Many families in Nunavut couldn’t do that. They’d have to leave their children with a grandparent. I was able to figure out schooling for my other kids in Ottawa, and the schools were supportive and helpful. 

Jayko’s siblings coped incredibly well. I forced each of them to see a psychologist, or a child life specialist, once. Today, they’re really adjusting, and not worried and not sad. They talk about how Jayko is fine and happy. I’ll occasionally say ‘Don’t you see how he’s different?’ And they’ll say ‘Yea, he’s different, but he’s fine.’ 

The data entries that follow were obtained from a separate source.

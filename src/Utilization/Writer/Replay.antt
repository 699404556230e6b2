-- ===== src/Utilization/Writer/Replay.antt =====
-- A write of a batch that the table already agrees with, by
-- chief-of-staff/backend/app/motive/vehicle_utilization_writer.py.
use polaris_lab.Base.{
  ℕ, suc, ◌+◌, String, true, false, none, some, List, [], ◌∷◌, length, All, ◌≡◌, refl, ◌∙◌, ap,
  arith,
}
use polaris_lab.Outcome.{ok}
use polaris_lab.Utilization.Rollup.{Metrics, Rollup}
use polaris_lab.Utilization.Writer.{write_result, query, raise_fault, prepare, save, write}
use polaris_lab.Utilization.Writer.Store.{
  Row, Field, get, Session, Database, Statement, vehicle_query, row_query, flush, commit,
  commit_session,
}
use polaris_lab.Utilization.Writer.Validate.{Batch, validate_batch}
use polaris_lab.Utilization.Writer.Plan.{
  WritePlan, empty_plan, plan_writes, decide_row, existing_row, existing_row_context_compatible,
  decimal_differs, candidate_fields, field_changes, compute_mutable_field_changes, key_of,
  resolve_tenant_vehicles,
}
use polaris_lab.Utilization.Writer.Stage.{add_rows, reconcile_rows}

-- The same values in all five metrics.
abbrev pub AreSame : Metrics → Metrics → Type 0
AreSame a b = (f : Field) → decimal_differs (get f a) (get f b) ≡ false

field_changes-none :
    (fields : List Field) (a b : Metrics) → AreSame a b → field_changes fields a b ≡ ok []
unfolding field_changes
field_changes-none [] a b same = refl
field_changes-none (f ∷ fields) a b same = rw (same f) (field_changes-none fields a b same)

-- The table has a row at the rollup's key, of the same context and with the same metrics.
pub record IsHeld (organization_id slug : String) (rows : List Row) (r : Rollup) (id : ℕ)
    : Type 0 where
  pub row : Row
  pub found : existing_row (key_of organization_id slug rows r id) rows ≡ some row
  pub compatible : existing_row_context_compatible row.value r ≡ true
  pub metrics : AreSame row.value.metrics r.metrics

module _ (organization_id slug : String) (rows : List Row) where
  abbrev pub AreHeld : List (Rollup × ℕ) → Type 0
  AreHeld = All (λ p. IsHeld organization_id slug rows p.0 p.1)

  abbrev unchanged : WritePlan → ℕ → WritePlan
  unchanged plan n = record plan { unchanged_count = n }

  decide_row-held :
      (plan : WritePlan) (r : Rollup) (id : ℕ)
      → IsHeld organization_id slug rows r id
      → decide_row organization_id slug rows plan r id
          (existing_row (key_of organization_id slug rows r id) rows)
        ≡ ok (unchanged plan (plan.unchanged_count + 1))
  unfolding compute_mutable_field_changes
  decide_row-held plan r id h =
      rw
        (
          h.found,
          h.compatible,
          field_changes-none candidate_fields h.row.value.metrics r.metrics h.metrics,
        )
        refl

  plan_writes-held :
      (resolved : List (Rollup × ℕ)) (plan : WritePlan)
      → AreHeld resolved
      → plan_writes organization_id slug rows plan resolved
        ≡ ok (unchanged plan (length resolved + plan.unchanged_count))
  unfolding plan_writes
  plan_writes-held [] plan h =
      let zero_more : plan.unchanged_count ≡ 0 + plan.unchanged_count = omega arith in
      ap (λ n. ok (unchanged plan n)) zero_more
  plan_writes-held ((r, id) ∷ rest) plan h =
      let one_more : length rest + (plan.unchanged_count + 1)
          ≡ suc (length rest) + plan.unchanged_count =
        omega arith in
      rw (decide_row-held plan r id h.0) (
        plan_writes-held rest (unchanged plan (plan.unchanged_count + 1)) h.1
        ∙ ap (λ n. ok (unchanged plan n)) one_more)

-- No statement on these sessions fails.
abbrev pub IsQuiet : Database → Session → Type 0
IsQuiet db s = (statement : Statement) → db.fault statement s ≡ none

query-quiet :
    (db : Database) (statement : Statement) (s : Session) (rs : List Rollup)
    → IsQuiet db s
    → query db statement s rs ≡ ok tt
query-quiet db statement s [] quiet = refl
query-quiet db statement s (r ∷ rs) quiet = ap raise_fault (quiet statement)

-- A valid batch whose vehicles are known, and for each of whose rollups the table already has a row
-- of the same context with the same metrics, is written without a change when no statement fails: it
-- counts every rollup as unchanged and commits the rows as they were.
pub write-held :
    (db : Database) (b : Batch) (s : Session) (selected : List String)
    (resolved : List (Rollup × ℕ))
    → IsQuiet db s
    → validate_batch b ≡ ok selected
    → resolve_tenant_vehicles b.organization_id s.vehicles b.rollups ≡ ok resolved
    → AreHeld b.organization_id b.organization_slug s.working resolved
    → write db b s ≡ (
      ok (write_result b selected (record empty_plan { unchanged_count = length resolved })),
      commit_session s,
    )
unfolding write prepare save add_rows reconcile_rows
write-held db b s selected resolved quiet valid known held =
    let no_more : length resolved + 0 ≡ length resolved = omega arith in
    rw
      (
        valid,
        query-quiet db vehicle_query s b.rollups quiet,
        known,
        query-quiet db row_query s b.rollups quiet,
        plan_writes-held b.organization_id b.organization_slug s.working resolved empty_plan held,
        no_more,
        quiet flush,
        quiet commit,
      )
      refl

BLOOM: Did Jayko ever ask why this happened to him? 

Madeleine Cole: 
Yes, he did. But he knows that there’s nothing that he did, or that we did, to cause it. It was just bad luck—that some people are born with things different in their blood vessels. He knows that they were able to put some glue in his aneurysm, and close off that blood vessel. His neurosurgeon was great at showing him MRIs and cat scans and explaining things. 

BLOOM: If you had to give three pieces of advice for other parents in a similar situation, what would they be? 

Madeleine Cole: 
First, let yourself be sad sometimes. Second, actively look around for positive things—or beauty or goodness—every day. And as much as it may be difficult, try not to neglect your other kids. 

BLOOM: What happens to families who have kids with significant disabilities in Nunavut? 

Madeleine Cole: 
There's a real lack of services. When you have only two speech therapists for the whole eastern Arctic, they might have a visit to your community twice a year. There are no sidewalks here and no public transportation. Iqaluit is not friendly to people in wheelchairs. If I had a child with high needs, I would have to leave the North, even though I would be super sad about it. 

On a positive note, I have found rural and remote communities to be more accepting and inclusive of people with disabilities. Nunavummi Disabilities Makinnasuaqtiit Society is one resource to families in Nunavut living with disability.

BLOOM: Are there ways in which you approach things as a doctor differently now?

Madeleine Cole: When it feels right, I share some of what I've gone through as a parent in the last year. I know that my ability to empathize with patients has deepened through many experiences, such as miscarriage, birth, death and illness and disability in loved ones. Having been there myself I hope makes me a better physician at some level. I hope I can be a better ally and advocate to families living with disability.